A City Hall Cleaner Becomes Mayor in Surprise Victory: 'She Was Flabbergasted'
"You shouldn’t expect anything in an election," she said after her win
Call it — what else? — a clean sweep: The woman who used to keep up the city hall in Povalikhino, Russia, now runs it as mayor after a surprise election victory last month.
Udgodskaya didn't initially have any plans to run in the mayoral race in her small rural town of Povalikhino until fate — or more specifically, the ersatz election-style of Russian democracy — intervened.
As the Times and others reported, the incumbent, Mayor Nikolai Loktev was running unopposed and needed an opponent to create the illusion of a free and fair election.
After reportedly asking his city hall assistant as well as a member of the Communist Party who had run in previous elections, Loktev, 58, found himself nearly out of options. That's when he asked Udgodskaya, a cleaner at city hall and one of the town's 242 residents.
“He just needed somebody else, anybody at all, so the election could take place,” Udgodskaya, 35, told the Times.
Though she didn't campaign for office, Udgodskaya ultimately earned about 62 percent of the vote. Her now-former boss, meanwhile, eked out 34 percent. The results initially left her "worried and confused," according to the Times.
"Clearly the people wanted change," Loktev, a former policeman, told the BBC.
Some of the town's residents told the Times that Udgodskaya's success was in part because she — like her neighbors — is familiar to almost everyone else in the area. Meanwhile, one local who voted for her told the Times that Loktev "didn’t show he cared."
"You shouldn’t expect anything in an election," Udgodskaya told the paper.
She reportedly lives with her day laborer husband and two teenage children. As the Times reports, the new position more than doubles her salary to 29,000 rubles, or about $380 a month.
Udgodskaya initially continued in her cleaning job until Loktev moved out of her new office, according to the BBC. She reportedly settled in to her new role earlier this month.
The Times reported that a priority for her was installing streetlights in Povalikhino.
In Russia, so-called managed democracy sees elections that preserve the illusion of competitiveness but in which incumbents virtually never lose. Instead, the outcome is somewhat predetermined, with any truly promising candidates generally being bumped from the ballot (or from campaigning at all).

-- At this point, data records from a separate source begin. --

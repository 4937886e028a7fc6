-- ===== src/Sting/Fragm/Pieces.antt =====
-- sting/fragm.c: the fragments that `fragment` makes of a datagram.
use stin_g.Prelude.{ℕ, ◌+◌, ◌*◌, ◌%◌, ◌≤◌, ◌<◌, ◌≡◌, true, false, List, [], ◌∷◌, length, take, drop}
use stin_g.Sting.Dgram.{IpDgram, pkt_length}

-- A fragment of `d` with `len` bytes of its data from `ofst` on, and no longer than `mtu`.
pub record IsPiece (d p : IpDgram) (mtu ofst len : ℕ) : Type 0 where
  pub place : p.frag_ofst * 8 ≡ ofst
  pub bytes : p.pkt_data ≡ take len (drop ofst d.pkt_data)
  pub count : length p.pkt_data ≡ len
  pub within : ofst + len ≤ pkt_length d
  pub nonempty : 0 < len
  pub fits : p.total_length ≤ mtu
  pub src : p.ip_src ≡ d.ip_src
  pub id : p.ident ≡ d.ident
  pub protocol : p.protocol ≡ d.protocol

-- The fragments are the data of `d` from `ofst` on, one behind the other. All but the last say that
-- more will come, and have a multiple of 8 bytes.
pub data Cuts (d : IpDgram) (mtu : ℕ) : ℕ → List IpDgram → Type 0 where
  last_piece :
      {p : IpDgram} {ofst len : ℕ}
      → IsPiece d p mtu ofst len
      → ofst + len ≡ pkt_length d
      → p.more_frg ≡ false
      → Cuts d mtu ofst (p ∷ [])
  more_pieces :
      {p : IpDgram} {ps : List IpDgram} {ofst len : ℕ}
      → IsPiece d p mtu ofst len
      → len % 8 ≡ 0
      → p.more_frg ≡ true
      → Cuts d mtu (ofst + len) ps
      → Cuts d mtu ofst (p ∷ ps)

-- How far a fragment goes.
record Length (mtu count rest len : ℕ) : Type 0 where
  positive : 0 < len
  bounded : len ≤ rest
  room : 20 + count + len ≤ mtu
  whole : len < rest → len % 8 ≡ 0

There can be exceptions, however, as a member of the Povalikhino electoral commission told the BBC when discussing Udgodskaya's victory.
"Nikolai Loktev thought no one would vote for her and he would stay in the job. But the people had had enough and they came out and chose Marina Udgodskaya," said the woman, who wished to remain anonymous. "He was amazed and she was flabbergasted!"